Only the lines of the data holding the string "true" need to be returned.
%%
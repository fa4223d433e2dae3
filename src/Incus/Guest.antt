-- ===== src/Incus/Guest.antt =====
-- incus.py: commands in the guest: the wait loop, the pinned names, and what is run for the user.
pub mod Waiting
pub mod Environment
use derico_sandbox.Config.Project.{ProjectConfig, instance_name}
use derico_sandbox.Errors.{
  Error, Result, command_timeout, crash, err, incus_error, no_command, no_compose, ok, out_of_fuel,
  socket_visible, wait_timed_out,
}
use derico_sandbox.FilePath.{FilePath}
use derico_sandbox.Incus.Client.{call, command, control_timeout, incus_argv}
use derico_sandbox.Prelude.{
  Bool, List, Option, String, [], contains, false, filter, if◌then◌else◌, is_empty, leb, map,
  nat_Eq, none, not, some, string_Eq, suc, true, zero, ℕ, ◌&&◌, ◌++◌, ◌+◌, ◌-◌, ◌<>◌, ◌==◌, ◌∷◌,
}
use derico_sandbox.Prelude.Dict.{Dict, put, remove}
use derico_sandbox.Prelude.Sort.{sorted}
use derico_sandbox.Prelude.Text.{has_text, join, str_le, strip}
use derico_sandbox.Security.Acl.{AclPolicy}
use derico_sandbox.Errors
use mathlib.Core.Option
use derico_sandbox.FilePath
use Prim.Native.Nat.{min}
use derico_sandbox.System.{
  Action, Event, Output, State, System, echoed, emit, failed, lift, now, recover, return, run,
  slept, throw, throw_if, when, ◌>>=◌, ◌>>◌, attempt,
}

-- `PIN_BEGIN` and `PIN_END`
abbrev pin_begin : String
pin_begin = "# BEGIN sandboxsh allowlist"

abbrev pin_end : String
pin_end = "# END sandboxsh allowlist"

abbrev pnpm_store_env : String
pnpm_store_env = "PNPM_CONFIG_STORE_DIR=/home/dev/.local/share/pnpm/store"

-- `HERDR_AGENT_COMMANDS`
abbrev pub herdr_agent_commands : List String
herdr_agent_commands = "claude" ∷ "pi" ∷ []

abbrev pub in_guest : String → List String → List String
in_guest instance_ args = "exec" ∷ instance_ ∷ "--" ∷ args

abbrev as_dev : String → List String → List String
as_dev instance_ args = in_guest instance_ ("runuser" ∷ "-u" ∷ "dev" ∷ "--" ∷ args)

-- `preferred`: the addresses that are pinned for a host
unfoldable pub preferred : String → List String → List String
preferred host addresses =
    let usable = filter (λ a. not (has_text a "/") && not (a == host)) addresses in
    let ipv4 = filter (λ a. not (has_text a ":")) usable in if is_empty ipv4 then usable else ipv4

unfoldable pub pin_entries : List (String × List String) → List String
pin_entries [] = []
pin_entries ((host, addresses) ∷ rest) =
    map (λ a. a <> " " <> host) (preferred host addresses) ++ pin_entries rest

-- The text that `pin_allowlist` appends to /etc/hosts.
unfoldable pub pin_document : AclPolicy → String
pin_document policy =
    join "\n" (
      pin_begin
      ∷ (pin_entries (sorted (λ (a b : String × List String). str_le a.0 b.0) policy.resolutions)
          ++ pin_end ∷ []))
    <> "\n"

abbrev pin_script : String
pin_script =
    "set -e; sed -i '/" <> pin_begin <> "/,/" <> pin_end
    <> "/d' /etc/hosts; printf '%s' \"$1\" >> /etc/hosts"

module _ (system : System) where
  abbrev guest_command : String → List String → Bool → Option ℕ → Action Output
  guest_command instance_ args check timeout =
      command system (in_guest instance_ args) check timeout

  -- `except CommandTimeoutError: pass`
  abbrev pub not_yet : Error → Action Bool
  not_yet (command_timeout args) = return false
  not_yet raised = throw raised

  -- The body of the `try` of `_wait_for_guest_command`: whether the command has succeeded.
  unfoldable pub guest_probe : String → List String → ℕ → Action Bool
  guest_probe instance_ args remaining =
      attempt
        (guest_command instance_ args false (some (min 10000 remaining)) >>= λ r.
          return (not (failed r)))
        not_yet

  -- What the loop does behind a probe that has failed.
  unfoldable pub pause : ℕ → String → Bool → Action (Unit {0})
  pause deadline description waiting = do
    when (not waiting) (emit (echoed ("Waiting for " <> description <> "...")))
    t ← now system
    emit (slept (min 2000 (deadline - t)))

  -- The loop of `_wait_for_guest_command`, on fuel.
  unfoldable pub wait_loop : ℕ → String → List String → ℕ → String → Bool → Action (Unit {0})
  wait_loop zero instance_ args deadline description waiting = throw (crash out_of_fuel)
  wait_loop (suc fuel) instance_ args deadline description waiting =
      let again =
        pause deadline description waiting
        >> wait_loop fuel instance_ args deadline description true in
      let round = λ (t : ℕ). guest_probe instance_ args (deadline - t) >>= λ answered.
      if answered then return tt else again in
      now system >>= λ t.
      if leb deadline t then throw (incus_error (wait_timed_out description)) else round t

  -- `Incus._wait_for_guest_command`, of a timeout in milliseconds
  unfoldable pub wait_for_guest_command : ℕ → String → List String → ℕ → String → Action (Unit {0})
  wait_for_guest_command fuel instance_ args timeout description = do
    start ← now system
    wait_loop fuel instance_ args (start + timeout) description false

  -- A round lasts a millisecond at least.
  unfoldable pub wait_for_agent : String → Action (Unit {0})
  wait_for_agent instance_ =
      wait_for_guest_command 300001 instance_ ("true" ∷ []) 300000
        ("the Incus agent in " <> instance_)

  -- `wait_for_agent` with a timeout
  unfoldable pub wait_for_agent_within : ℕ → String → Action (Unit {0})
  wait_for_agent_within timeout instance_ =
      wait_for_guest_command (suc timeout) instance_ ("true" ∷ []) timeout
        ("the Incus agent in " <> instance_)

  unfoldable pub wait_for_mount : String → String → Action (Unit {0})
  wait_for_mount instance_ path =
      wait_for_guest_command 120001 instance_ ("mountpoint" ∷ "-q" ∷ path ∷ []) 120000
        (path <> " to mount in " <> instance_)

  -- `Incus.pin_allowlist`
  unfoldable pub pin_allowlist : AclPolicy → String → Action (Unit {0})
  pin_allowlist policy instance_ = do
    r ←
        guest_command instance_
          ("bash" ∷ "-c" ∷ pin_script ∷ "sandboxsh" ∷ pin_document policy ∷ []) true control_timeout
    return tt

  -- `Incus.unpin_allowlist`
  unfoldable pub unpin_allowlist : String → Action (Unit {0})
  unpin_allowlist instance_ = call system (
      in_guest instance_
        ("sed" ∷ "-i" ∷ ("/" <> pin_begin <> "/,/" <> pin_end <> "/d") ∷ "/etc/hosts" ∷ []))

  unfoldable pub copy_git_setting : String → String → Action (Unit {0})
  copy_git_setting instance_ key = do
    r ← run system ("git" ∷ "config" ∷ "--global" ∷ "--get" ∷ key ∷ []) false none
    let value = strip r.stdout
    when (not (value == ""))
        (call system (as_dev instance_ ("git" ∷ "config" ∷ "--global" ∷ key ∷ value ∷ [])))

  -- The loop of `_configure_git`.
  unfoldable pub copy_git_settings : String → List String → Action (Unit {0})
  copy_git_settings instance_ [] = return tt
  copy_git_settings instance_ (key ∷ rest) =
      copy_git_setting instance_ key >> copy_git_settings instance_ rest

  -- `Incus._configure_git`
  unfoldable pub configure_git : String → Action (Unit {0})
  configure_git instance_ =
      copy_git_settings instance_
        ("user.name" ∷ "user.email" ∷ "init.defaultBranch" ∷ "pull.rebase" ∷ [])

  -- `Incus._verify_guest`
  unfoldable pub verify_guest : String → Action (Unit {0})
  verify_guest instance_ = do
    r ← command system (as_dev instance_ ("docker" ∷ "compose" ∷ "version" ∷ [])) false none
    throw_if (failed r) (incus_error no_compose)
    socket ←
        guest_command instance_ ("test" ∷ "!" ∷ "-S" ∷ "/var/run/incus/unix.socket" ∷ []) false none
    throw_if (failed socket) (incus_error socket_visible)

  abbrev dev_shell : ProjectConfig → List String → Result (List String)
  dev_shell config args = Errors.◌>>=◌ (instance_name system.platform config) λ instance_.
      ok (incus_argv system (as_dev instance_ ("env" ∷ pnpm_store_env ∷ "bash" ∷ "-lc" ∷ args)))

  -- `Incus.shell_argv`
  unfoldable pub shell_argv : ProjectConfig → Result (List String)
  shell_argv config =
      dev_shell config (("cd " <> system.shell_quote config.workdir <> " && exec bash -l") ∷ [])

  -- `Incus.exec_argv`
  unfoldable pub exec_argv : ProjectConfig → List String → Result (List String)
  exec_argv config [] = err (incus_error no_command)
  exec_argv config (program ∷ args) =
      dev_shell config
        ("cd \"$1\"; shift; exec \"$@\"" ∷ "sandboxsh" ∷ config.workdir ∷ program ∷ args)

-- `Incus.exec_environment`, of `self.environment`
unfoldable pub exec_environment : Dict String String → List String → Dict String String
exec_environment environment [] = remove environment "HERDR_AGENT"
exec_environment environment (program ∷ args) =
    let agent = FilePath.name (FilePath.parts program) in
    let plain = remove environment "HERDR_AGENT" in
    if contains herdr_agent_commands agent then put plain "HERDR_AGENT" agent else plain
%%
Answer space:
  nat_Eq, none, not, some, string_Eq, suc, true, zero, ℕ, ◌&&◌, ◌++◌, ◌+◌, ◌-◌, ◌<>◌, ◌==◌, ◌∷◌,
        >> wait_loop fuel instance_ args deadline description true in
      wait_for_guest_command 300001 instance_ ("true" ∷ []) 300000
      wait_for_guest_command (suc timeout) instance_ ("true" ∷ []) timeout
          ("bash" ∷ "-c" ∷ pin_script ∷ "sandboxsh" ∷ pin_document policy ∷ []) true control_timeout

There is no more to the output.